## About this task
Reproduce exactly the final portion of the data: every line from the one containing "unfolding advance" through the last line, inclusive.
*** Opening of Records shown ***
-- ===== src/Gpool/Pool/Invariant/Run.antt =====
-- The invariant of the pool holds after every interleaving.
use lgobase.Base.{ℕ, ◌≡◌, refl, List, [], ◌∷◌, Option, none, some}
use lgobase.Base.Int.{ℤ, pos_part}
use lgobase.Gpool.Pool.{Gpool, Config, Task}
use lgobase.Gpool.Pool.World.{
  World, Response, Event, calls, resumes, take_at, advance, step, run, start,
}
use lgobase.Gpool.Pool.Invariant.{Inv, Taken, take_at-Taken}
use lgobase.Gpool.Pool.Invariant.Fresh.{Fresh-Inv, open_pool-Fresh}
use lgobase.Gpool.Pool.Opening.{open_pool}
use lgobase.Gpool.Pool.Borrow.{Created}
use lgobase.Gpool.Pool.Invariant.Settle.{perform-Inv}
use lgobase.Gpool.Pool.Invariant.Resume.{resume-Inv}

-- Every interleaving of any number of goroutines from a world where the invariant holds.
abbrev pub Sound : World → ℕ → Type 0
Sound v limit = Inv v.gp v.tasks limit

advance-Sound :
    (gp : Gpool) (r : Response) (ts : List Task) (limit : ℕ) (o : Option (Task × List Task))
    → Inv gp ts limit
    → ((t : Task) (rest : List Task) → o ≡ some (t, rest) → Taken ts t rest)
    → Sound (advance gp r ts o) limit
unfolding advance
advance-Sound gp r ts limit none v k = v
advance-Sound gp r ts limit (some (t, rest)) v k = resume-Inv gp ts t rest r limit v (k t rest refl)

step-Sound : (v : World) (e : Event) (limit : ℕ) → Sound v limit → Sound (step v e) limit
unfolding step
step-Sound v (calls c) limit i = perform-Inv v.gp v.tasks limit i c
step-Sound v (resumes n r) limit i =
    advance-Sound v.gp r v.tasks limit (take_at n v.tasks) i (λ t rest. take_at-Taken n v.tasks)

pub run-Sound : (v : World) (es : List Event) (limit : ℕ) → Sound v limit → Sound (run v es) limit
unfolding run
run-Sound v [] limit i = i
run-Sound v (e ∷ es) limit i = run-Sound (step v e) es limit (step-Sound v e limit i)

pub reached-Sound :
    (c : Config) (made_now : ℕ → Created × ℤ) (es : List Event)
    → Sound (run (start c made_now) es) (pos_part c.max_conns)
reached-Sound c made_now es =
    run-Sound (start c made_now) es (pos_part c.max_conns)
      (Fresh-Inv (open_pool c made_now) (pos_part c.max_conns) (open_pool-Fresh c made_now))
*** Close of Records shown ***
## Exercise answer
unfolding advance
advance-Sound gp r ts limit none v k = v
advance-Sound gp r ts limit (some (t, rest)) v k = resume-Inv gp ts t rest r limit v (k t rest refl)

step-Sound : (v : World) (e : Event) (limit : ℕ) → Sound v limit → Sound (step v e) limit
unfolding step
step-Sound v (calls c) limit i = perform-Inv v.gp v.tasks limit i c
step-Sound v (resumes n r) limit i =
    advance-Sound v.gp r v.tasks limit (take_at n v.tasks) i (λ t rest. take_at-Taken n v.tasks)

pub run-Sound : (v : World) (es : List Event) (limit : ℕ) → Sound v limit → Sound (run v es) limit
unfolding run
run-Sound v [] limit i = i
run-Sound v (e ∷ es) limit i = run-Sound (step v e) es limit (step-Sound v e limit i)

pub reached-Sound :
    (c : Config) (made_now : ℕ → Created × ℤ) (es : List Event)
    → Sound (run (start c made_now) es) (pos_part c.max_conns)
reached-Sound c made_now es =
    run-Sound (start c made_now) es (pos_part c.max_conns)
      (Fresh-Inv (open_pool c made_now) (pos_part c.max_conns) (open_pool-Fresh c made_now))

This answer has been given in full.